Use this space to reflect on the two chapters from Fixing English that we read (Ch. 1 & 2): what
do you think of the arguments presented? How does this change (or not) your views on
“correctness’? Choose at least three quotations from the chapters to include in your response.
(Note: Your response need not be formatted in linked paragraphs - a few sentences or even
bullet points are appropriate here.)

I think the arguments presented, more than showing me a different look at prescriptivism,
showed me a detangling of what I understand prescriptivism to be, and therefore helped to
show the separate entities of how language is influenced by prescriptivism. While I understood
that inside “prescriptivism there exist [s]... distinct yet interrelated strands” (Curzan, 24), I did not
understand them in the nuance and distinction, unraveled from one another, that Curzan
explains them in. I also did not quite understand that the “distinct but overlapping strands of
prescriptivism [exist] with different aims” (Curzan, 17). While I knew prescriptivism wanted to
create style and also standardize English, I did not connect that these aims could be anything
other than intertwined. I also found it interesting in the second chapter when Curzan talks about
the ways in which language changes occur below and above a speaker’s conscious awareness.

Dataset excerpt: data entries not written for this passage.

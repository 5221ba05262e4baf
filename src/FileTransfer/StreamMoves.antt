-- ===== src/FileTransfer/StreamMoves.antt =====
-- The whole transfer: its events and calls, each of which changes at most one slot, by a move of its
-- state machine.
use elastos_net_carrier_nati.Base.{
  ℕ, ◌≡◌, refl, ◌∙◌, subst, List, [], ◌∷◌, Bool, true, not, ◌&&◌, Option, some, ◌==◌, if◌then◌else◌,
  if_cases, if_both,
}
use elastos_net_carrier_nati.Mux.Channel.{Rc, ok, err}
use elastos_net_carrier_nati.FileTransfer.Data.{
  FileState, FileTransferItem, ElaFileTransfer, Env, Role, Connection, StreamState, unset, sender,
  receiver, is_sender, is_standby, is_over, connection_number, set_item, put_file,
}
use elastos_net_carrier_nati.FileTransfer.Slots.{
  carried, freed, Changes, nothing, here, standby_state,
}
use elastos_net_carrier_nati.FileTransfer.Cookie.{
  has_prefix, file_cookie, bundle_prefix, reply_bundle,
}
use elastos_net_carrier_nati.FileTransfer.Connection.{
  is_initialized, is_failed, start_request, first_file, request_bundle, or_empty,
  notify_state_changed, remove_stream_secure, reply_matches, complete_request,
  sessionreq_complete_callback, open_first_channel, fail_on_error, request_session, reply_session,
  offer_first, sender_state_changed, receiver_state_changed, stream_state_changed, add_stream,
  ela_filetransfer_connect, accept_request, ela_filetransfer_accept_connect,
}
use elastos_net_carrier_nati.FileTransfer.Moves.{not-false, same-Changes, tell-files}

module _ {env : Env} where
  pub notify-files :
      (ft : ElaFileTransfer env) (state : Connection)
      → (notify_state_changed ft state).files ≡ ft.files
  unfolding notify_state_changed
  notify-files ft state =
      if_both {A = ElaFileTransfer env} (λ r. r.files ≡ ft.files)
        (connection_number ft.state == connection_number state) refl
        (tell-files (record ft { state = state }) ft.callbacks.state_changed _)

  fail_on_error-files :
      (ft : ElaFileTransfer env) (r : Rc × env.World) → (fail_on_error ft r).files ≡ ft.files
  unfolding fail_on_error
  fail_on_error-files ft (err e, w) = notify-files (record ft { world = w }) Connection.failed
  fail_on_error-files ft (ok n, w) = refl

  remove_stream-files :
      (ft : ElaFileTransfer env) (e : ℕ) → (remove_stream_secure ft e).files ≡ ft.files
  unfolding remove_stream_secure
  remove_stream-files ft e = go ft.stream
    where
      go :
          (rc : Rc)
          → (elim rc as (λ _. ElaFileTransfer env) [
            | err n ↦ ft
            | ok n ↦ record ft {
              stream = err 1;
              error = e;
              world = env.ela_session_remove_stream n ft.world;
            }
          ]).files
            ≡ ft.files
      go (err n) = refl
      go (ok n) = refl

  -- The first slot is that of the file that the sender gave for the connection.
  open_first_channel-Changes :
      (ft : ElaFileTransfer env)
      → is_standby (first_file ft.files) ≡ true
      → Changes ft.files (open_first_channel ft (first_file ft.files)).files
  unfolding open_first_channel put_file set_item
  open_first_channel-Changes ft b =
      go ft.files b
        (env.ela_stream_open_channel
          (file_cookie (or_empty (first_file ft.files).filename) (first_file ft.files).fileid
            (first_file ft.files).filesz)
          ft.world).0
    where
      go :
          (xs : List FileTransferItem)
          → is_standby (first_file xs) ≡ true
          → (rc : Rc)
          → Changes xs (
              set_item xs 0 (elim rc as (λ _. FileTransferItem) [
                | err e ↦ record (first_file xs) {
                  channel = err e;
                  filename = Option.none;
                  state = FileState.none;
                }
                | ok n ↦ record (first_file xs) { channel = ok n }
              ]))
      go [] b rc = nothing
      go (x ∷ xs) b (err e) = here (freed refl refl refl)
      go (x ∷ xs) b (ok n) = here (carried (ok n) (standby_state x b) refl)

  request_session-files : (ft : ElaFileTransfer env) → (request_session ft).files ≡ ft.files
  unfolding request_session
  request_session-files ft =
      if_both {A = ElaFileTransfer env} (λ r. r.files ≡ ft.files) (is_over ft.state) refl
        (fail_on_error-files ft
          (env.ela_session_request (request_bundle (first_file ft.files)) ft.world))

  reply_session-files : (ft : ElaFileTransfer env) → (reply_session ft).files ≡ ft.files
  unfolding reply_session
  reply_session-files ft =
      if_both {A = ElaFileTransfer env} (λ r. r.files ≡ ft.files) (is_over ft.state) refl
        (fail_on_error-files ft (env.ela_session_reply_request bundle true ft.world))
    where
      bundle : List ℕ
      bundle =
          if is_standby (first_file ft.files)
          then reply_bundle (first_file ft.files).fileid
          else bundle_prefix

  offer_first-Changes : (ft : ElaFileTransfer env) → Changes ft.files (offer_first ft).files
  unfolding offer_first
  offer_first-Changes ft =
      if_both {A = ElaFileTransfer env} (λ r. Changes ft.files r.files) (is_over ft.state) nothing
        (if_cases {A = ElaFileTransfer env} (λ r. Changes ft.files r.files)
          (not (is_standby (first_file ft.files))) (λ b. nothing)
          (λ b. open_first_channel-Changes ft (not-false _ b)))

  sender_state_changed-Changes :
      (ft : ElaFileTransfer env) (state : StreamState)
      → Changes ft.files (sender_state_changed ft state).files
  unfolding sender_state_changed
  sender_state_changed-Changes ft StreamState.initialized = same-Changes _ _ (
      request_session-files (notify_state_changed ft Connection.connecting)
      ∙ notify-files ft Connection.connecting)
  sender_state_changed-Changes ft StreamState.transport_ready = nothing
  sender_state_changed-Changes ft StreamState.connecting = nothing
  sender_state_changed-Changes ft StreamState.connected =
      subst (λ xs. Changes xs (offer_first (notify_state_changed ft Connection.connected)).files)
        (notify-files ft Connection.connected)
        (offer_first-Changes (notify_state_changed ft Connection.connected))
  sender_state_changed-Changes ft StreamState.deactivated = nothing
  sender_state_changed-Changes ft StreamState.closed =
      same-Changes _ _
        (notify-files ft (if ft.error == 0 then Connection.closed else Connection.failed))
  sender_state_changed-Changes ft StreamState.failed =
      same-Changes _ _ (notify-files ft Connection.failed)

  receiver_state_changed-files :
      (ft : ElaFileTransfer env) (state : StreamState)
      → (receiver_state_changed ft state).files ≡ ft.files
  unfolding receiver_state_changed
  receiver_state_changed-files ft StreamState.initialized =
      reply_session-files (notify_state_changed ft Connection.connecting)
      ∙ notify-files ft Connection.connecting
  receiver_state_changed-files ft StreamState.transport_ready =
      fail_on_error-files ft (env.ela_session_start ft.sdp ft.world)
  receiver_state_changed-files ft StreamState.connecting = refl
  receiver_state_changed-files ft StreamState.connected = notify-files ft Connection.connected
  receiver_state_changed-files ft StreamState.deactivated = refl
  receiver_state_changed-files ft StreamState.closed = notify-files ft Connection.closed
  receiver_state_changed-files ft StreamState.failed = notify-files ft Connection.failed

  pub stream_state_changed-Changes :
      (ft : ElaFileTransfer env) (state : StreamState)
      → Changes ft.files (stream_state_changed ft state).files
  unfolding stream_state_changed
  stream_state_changed-Changes ft state = go ft.sender_receiver
    where
      go :
          (role : Role)
          → Changes ft.files
              (elim role as (λ _. ElaFileTransfer env) [
                | sender ↦ sender_state_changed ft state
                | receiver ↦ receiver_state_changed ft state
                | unset ↦ ft
              ]).files
      go sender = sender_state_changed-Changes ft state
      go receiver = same-Changes _ _ (receiver_state_changed-files ft state)
      go unset = nothing

  start_request-files :
      (ft : ElaFileTransfer env) (r : Rc × env.World) → (start_request ft r).files ≡ ft.files
  unfolding start_request
  start_request-files ft (err e, w) = remove_stream-files (record ft { world = w }) 1
  start_request-files ft (ok n, w) = refl

  complete_request-files :
      (ft : ElaFileTransfer env) (bundle : List ℕ) (accepted : Bool) (sdp : List ℕ)
      → (complete_request ft bundle accepted sdp).files ≡ ft.files
  unfolding complete_request
  complete_request-files ft bundle accepted sdp =
      if_both {A = ElaFileTransfer env} P (is_failed ft) refl (
        if_both {A = ElaFileTransfer env} P (not accepted) (remove_stream-files ft 0) (
          if_both {A = ElaFileTransfer env} P (not (reply_matches ft bundle))
            (remove_stream-files ft 1)
            (start_request-files ft (env.ela_session_start sdp ft.world))))
    where
      P : ElaFileTransfer env → Type 0
      P r = r.files ≡ ft.files

  -- A completion that still waits leaves the transfer as it is.
  abbrev pub completed : ElaFileTransfer env → Option (ElaFileTransfer env) → ElaFileTransfer env
  completed ft Option.none = ft
  completed ft (some ft') = ft'

  pub completed-files :
      (ft : ElaFileTransfer env) (bundle : List ℕ) (accepted : Bool) (sdp : List ℕ)
      → (completed ft (sessionreq_complete_callback ft bundle accepted sdp)).files ≡ ft.files
  unfolding sessionreq_complete_callback
  completed-files ft bundle accepted sdp =
      if_both {A = Option (ElaFileTransfer env)} P (not (is_sender ft)) refl (
        if_both {A = Option (ElaFileTransfer env)} P (not (has_prefix bundle_prefix bundle)) refl (
          if_both {A = Option (ElaFileTransfer env)} P
            (not ft.ready_to_connect && not (is_failed ft)) refl
            (complete_request-files ft bundle accepted sdp)))
    where
      P : Option (ElaFileTransfer env) → Type 0
      P o = (completed ft o).files ≡ ft.files

  pub connect-files : (ft : ElaFileTransfer env) → (ela_filetransfer_connect ft).1.files ≡ ft.files
  unfolding ela_filetransfer_connect add_stream
  connect-files ft =
      if_both {A = Rc × ElaFileTransfer env} (λ r. r.1.files ≡ ft.files) (not (is_initialized ft))
        refl refl

  accept_request-files :
      (ft : ElaFileTransfer env) (r : Option (List ℕ) × env.World)
      → (accept_request ft r).1.files ≡ ft.files
  unfolding accept_request add_stream
  accept_request-files ft (Option.none, w) = refl
  accept_request-files ft (some sdp, w) =
      if_both {A = Rc × ElaFileTransfer env} (λ r. r.1.files ≡ ft.files) (not (env.alloc w).0) refl
        refl

  pub accept_connect-files :
      (ft : ElaFileTransfer env) → (ela_filetransfer_accept_connect ft).1.files ≡ ft.files
  unfolding ela_filetransfer_accept_connect
  accept_connect-files ft =
      if_both {A = Rc × ElaFileTransfer env} (λ r. r.1.files ≡ ft.files) (not (is_initialized ft))
        refl (accept_request-files ft (env.filereqs_remove ft.address ft.world))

Her point saying that whether or not people read a certain grammar book, if it is widely bought, it
still “reinforces ideologies about the importance of “correct” usage” (Curzan, 42), regardless of
the number of people who actually directly interact with the ideas in the book. It was strange but
made sense to think that people can be influenced by things they have never touched or read
simply because people expect there to be.